ABOUT THIS EXERCISE
Below are the records; give again exactly the line with "round_size-twice : (size", the line with "let some_size : (size", and each line that lies between them, and nothing besides.

(Stored items from a collection)
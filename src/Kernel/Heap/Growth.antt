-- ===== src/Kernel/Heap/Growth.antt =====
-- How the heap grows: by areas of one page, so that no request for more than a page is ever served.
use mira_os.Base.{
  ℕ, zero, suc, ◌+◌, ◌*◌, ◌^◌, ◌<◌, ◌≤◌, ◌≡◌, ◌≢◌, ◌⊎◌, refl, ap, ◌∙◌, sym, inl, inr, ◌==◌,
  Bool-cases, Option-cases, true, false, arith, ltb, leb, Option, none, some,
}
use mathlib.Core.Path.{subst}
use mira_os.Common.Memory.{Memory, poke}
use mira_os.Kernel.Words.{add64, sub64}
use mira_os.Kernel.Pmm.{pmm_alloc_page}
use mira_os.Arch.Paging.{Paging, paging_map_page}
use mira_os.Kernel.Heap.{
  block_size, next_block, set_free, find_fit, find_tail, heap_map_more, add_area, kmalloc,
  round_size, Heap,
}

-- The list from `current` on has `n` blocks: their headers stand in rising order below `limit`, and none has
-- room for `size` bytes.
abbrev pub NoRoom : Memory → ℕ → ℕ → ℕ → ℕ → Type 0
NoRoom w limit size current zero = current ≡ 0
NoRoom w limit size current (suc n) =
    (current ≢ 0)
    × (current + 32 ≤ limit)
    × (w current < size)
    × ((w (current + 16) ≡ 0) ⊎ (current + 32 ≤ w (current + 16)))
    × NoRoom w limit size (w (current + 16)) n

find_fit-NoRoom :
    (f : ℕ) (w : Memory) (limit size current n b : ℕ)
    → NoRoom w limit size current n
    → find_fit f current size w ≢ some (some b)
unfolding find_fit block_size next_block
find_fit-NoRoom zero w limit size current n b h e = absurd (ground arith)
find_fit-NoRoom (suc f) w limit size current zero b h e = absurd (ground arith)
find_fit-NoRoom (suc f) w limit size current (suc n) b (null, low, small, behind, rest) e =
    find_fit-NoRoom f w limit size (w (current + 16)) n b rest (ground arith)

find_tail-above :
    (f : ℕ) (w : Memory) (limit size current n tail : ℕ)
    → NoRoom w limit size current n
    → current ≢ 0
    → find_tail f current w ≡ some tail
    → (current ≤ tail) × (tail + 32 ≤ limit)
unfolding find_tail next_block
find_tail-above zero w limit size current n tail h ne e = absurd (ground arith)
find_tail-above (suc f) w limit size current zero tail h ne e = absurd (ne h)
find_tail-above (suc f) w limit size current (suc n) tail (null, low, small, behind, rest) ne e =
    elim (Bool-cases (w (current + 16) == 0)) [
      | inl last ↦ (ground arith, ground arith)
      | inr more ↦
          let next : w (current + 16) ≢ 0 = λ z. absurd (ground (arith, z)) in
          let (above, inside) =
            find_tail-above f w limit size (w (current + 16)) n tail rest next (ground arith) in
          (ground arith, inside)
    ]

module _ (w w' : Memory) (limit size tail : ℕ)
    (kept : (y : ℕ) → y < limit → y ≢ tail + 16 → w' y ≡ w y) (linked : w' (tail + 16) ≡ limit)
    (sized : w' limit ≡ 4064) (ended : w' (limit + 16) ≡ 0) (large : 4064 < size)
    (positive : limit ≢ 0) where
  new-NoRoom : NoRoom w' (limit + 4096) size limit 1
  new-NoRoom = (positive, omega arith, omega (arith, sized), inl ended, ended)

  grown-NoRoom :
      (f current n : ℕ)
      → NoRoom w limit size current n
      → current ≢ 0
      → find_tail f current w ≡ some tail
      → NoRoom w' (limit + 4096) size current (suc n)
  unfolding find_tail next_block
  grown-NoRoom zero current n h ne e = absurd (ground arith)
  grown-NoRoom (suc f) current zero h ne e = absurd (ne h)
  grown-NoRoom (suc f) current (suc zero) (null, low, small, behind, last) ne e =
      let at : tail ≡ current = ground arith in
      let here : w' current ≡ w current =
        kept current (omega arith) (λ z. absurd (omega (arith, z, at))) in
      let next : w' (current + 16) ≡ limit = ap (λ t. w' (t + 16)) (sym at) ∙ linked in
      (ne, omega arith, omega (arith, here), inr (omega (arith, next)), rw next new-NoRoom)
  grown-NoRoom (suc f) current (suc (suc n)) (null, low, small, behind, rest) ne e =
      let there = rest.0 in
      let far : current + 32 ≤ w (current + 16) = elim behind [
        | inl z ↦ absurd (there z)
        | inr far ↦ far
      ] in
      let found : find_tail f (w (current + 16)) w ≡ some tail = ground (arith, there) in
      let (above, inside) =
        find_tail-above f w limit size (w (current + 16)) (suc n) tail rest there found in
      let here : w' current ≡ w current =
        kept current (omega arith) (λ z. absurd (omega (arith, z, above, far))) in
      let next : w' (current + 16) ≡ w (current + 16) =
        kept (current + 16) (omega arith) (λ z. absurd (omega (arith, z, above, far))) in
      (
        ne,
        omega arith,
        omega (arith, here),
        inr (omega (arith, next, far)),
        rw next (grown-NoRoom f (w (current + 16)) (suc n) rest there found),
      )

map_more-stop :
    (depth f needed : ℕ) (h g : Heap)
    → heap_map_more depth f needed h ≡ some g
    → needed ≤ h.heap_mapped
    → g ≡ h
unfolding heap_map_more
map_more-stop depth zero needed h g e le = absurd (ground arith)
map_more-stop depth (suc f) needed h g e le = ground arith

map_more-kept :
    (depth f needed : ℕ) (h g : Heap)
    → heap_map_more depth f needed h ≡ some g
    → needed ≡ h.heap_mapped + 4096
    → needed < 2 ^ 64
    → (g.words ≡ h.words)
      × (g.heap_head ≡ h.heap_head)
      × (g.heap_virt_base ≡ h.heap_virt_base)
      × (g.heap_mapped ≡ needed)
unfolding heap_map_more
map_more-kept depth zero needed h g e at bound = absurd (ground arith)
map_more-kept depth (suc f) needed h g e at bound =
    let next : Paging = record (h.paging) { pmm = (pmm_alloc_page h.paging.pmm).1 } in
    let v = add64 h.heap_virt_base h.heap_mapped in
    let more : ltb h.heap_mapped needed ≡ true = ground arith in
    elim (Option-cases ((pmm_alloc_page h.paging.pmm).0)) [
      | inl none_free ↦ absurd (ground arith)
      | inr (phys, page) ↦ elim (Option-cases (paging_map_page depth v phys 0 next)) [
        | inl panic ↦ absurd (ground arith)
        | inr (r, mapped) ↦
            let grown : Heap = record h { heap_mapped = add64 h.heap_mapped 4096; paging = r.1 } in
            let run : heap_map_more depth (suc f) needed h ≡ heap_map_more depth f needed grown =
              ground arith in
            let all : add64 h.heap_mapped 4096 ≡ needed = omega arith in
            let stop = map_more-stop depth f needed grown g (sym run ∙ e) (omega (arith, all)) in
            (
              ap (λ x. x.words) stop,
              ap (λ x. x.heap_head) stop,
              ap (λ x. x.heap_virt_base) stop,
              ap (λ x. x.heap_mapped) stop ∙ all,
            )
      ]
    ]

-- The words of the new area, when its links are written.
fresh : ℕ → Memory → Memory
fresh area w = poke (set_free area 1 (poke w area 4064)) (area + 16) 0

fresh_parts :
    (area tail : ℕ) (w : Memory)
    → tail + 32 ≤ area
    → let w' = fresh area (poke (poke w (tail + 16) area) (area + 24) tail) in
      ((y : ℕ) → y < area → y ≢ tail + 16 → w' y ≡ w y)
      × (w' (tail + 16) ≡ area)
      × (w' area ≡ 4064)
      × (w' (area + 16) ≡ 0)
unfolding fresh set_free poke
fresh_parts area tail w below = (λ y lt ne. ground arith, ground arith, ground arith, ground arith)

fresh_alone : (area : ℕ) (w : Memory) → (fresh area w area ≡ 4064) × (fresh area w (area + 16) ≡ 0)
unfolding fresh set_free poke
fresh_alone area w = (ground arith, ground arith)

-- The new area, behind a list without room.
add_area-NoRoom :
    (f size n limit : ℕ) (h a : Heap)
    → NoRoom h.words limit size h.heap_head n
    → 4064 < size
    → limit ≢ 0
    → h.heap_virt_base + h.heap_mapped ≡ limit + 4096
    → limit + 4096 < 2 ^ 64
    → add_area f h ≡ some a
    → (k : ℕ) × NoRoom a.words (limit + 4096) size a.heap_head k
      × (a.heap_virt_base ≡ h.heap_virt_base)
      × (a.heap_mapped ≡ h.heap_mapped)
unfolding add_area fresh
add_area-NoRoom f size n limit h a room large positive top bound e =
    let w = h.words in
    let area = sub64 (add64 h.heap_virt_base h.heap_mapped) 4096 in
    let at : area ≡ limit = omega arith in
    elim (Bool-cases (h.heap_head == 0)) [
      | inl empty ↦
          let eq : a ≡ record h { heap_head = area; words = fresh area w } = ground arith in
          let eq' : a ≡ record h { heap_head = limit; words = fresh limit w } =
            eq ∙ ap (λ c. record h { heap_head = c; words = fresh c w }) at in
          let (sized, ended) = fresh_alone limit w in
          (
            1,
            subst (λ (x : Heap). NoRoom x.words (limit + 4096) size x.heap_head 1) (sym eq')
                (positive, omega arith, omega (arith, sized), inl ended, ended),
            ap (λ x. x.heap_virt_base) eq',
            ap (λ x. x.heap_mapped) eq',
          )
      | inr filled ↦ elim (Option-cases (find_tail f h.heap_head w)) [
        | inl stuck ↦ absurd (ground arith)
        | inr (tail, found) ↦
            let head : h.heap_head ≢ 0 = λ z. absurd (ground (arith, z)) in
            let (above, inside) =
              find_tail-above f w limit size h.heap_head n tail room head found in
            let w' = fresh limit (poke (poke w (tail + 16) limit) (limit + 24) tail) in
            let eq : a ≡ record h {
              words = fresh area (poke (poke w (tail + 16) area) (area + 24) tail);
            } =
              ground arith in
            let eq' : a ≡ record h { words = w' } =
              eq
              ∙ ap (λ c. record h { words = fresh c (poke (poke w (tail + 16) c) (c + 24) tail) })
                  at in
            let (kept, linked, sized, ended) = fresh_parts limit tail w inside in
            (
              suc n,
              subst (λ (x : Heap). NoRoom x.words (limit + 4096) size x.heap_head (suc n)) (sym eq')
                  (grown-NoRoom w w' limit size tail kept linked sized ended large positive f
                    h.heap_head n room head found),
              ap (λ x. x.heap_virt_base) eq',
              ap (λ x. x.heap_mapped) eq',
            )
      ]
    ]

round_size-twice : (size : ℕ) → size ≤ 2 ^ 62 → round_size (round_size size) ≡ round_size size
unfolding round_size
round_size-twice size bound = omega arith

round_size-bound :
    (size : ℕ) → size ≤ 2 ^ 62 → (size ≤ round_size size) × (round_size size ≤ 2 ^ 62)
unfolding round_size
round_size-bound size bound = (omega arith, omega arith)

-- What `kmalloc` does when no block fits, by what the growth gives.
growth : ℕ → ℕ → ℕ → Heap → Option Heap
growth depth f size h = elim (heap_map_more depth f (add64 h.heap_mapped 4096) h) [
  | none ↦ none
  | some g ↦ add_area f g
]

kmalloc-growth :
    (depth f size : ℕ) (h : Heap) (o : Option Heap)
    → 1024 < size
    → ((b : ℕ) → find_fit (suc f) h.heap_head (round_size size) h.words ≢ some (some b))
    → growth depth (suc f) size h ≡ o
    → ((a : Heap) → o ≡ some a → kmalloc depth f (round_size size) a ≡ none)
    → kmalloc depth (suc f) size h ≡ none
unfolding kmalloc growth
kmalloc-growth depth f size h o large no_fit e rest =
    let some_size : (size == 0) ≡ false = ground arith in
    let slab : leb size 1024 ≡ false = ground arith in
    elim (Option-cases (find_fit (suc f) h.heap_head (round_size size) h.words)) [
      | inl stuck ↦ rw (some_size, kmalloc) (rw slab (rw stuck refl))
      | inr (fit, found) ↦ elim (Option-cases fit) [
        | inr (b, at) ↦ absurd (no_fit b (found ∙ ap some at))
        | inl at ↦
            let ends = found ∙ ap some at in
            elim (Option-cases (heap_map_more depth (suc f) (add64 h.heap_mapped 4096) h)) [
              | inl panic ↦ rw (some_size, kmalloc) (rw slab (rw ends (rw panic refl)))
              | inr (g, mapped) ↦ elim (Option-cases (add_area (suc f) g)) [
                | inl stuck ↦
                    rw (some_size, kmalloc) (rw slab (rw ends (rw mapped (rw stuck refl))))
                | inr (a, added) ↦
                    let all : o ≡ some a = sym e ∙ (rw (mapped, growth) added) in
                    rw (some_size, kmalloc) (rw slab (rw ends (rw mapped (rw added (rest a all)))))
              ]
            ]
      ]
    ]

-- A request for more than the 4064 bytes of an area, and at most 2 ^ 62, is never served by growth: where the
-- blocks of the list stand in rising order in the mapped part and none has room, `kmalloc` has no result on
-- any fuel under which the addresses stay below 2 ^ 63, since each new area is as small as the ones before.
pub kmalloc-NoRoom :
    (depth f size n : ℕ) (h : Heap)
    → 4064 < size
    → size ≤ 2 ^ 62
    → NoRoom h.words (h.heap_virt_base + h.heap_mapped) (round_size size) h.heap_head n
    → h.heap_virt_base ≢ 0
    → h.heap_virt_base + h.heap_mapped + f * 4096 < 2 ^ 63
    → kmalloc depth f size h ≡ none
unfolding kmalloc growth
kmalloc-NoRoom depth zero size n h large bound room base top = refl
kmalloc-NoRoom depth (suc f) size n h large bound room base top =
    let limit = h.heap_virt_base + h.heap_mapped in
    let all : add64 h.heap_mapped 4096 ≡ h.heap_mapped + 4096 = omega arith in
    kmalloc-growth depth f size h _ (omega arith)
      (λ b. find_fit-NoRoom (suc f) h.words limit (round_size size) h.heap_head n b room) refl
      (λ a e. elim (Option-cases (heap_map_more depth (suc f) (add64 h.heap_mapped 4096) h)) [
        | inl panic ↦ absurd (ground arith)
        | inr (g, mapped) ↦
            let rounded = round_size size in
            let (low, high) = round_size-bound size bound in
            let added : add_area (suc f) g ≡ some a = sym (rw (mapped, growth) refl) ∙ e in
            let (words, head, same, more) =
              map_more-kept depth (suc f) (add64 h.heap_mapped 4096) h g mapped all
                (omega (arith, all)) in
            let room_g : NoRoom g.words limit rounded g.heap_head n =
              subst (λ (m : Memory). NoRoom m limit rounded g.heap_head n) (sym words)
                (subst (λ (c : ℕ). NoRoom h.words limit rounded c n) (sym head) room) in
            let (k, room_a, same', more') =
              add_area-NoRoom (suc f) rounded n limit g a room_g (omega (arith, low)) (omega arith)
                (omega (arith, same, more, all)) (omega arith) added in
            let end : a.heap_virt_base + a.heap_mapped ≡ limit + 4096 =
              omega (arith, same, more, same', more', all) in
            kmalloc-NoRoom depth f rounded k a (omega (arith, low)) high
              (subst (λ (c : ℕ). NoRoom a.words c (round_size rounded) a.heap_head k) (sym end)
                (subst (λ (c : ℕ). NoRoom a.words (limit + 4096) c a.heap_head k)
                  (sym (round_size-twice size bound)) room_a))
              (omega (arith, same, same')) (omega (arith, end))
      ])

ANSWER TO THE EXERCISE
round_size-twice : (size : ℕ) → size ≤ 2 ^ 62 → round_size (round_size size) ≡ round_size size
unfolding round_size
round_size-twice size bound = omega arith

round_size-bound :
    (size : ℕ) → size ≤ 2 ^ 62 → (size ≤ round_size size) × (round_size size ≤ 2 ^ 62)
unfolding round_size
round_size-bound size bound = (omega arith, omega arith)

-- What `kmalloc` does when no block fits, by what the growth gives.
growth : ℕ → ℕ → ℕ → Heap → Option Heap
growth depth f size h = elim (heap_map_more depth f (add64 h.heap_mapped 4096) h) [
  | none ↦ none
  | some g ↦ add_area f g
]

kmalloc-growth :
    (depth f size : ℕ) (h : Heap) (o : Option Heap)
    → 1024 < size
    → ((b : ℕ) → find_fit (suc f) h.heap_head (round_size size) h.words ≢ some (some b))
    → growth depth (suc f) size h ≡ o
    → ((a : Heap) → o ≡ some a → kmalloc depth f (round_size size) a ≡ none)
    → kmalloc depth (suc f) size h ≡ none
unfolding kmalloc growth
kmalloc-growth depth f size h o large no_fit e rest =
    let some_size : (size == 0) ≡ false = ground arith in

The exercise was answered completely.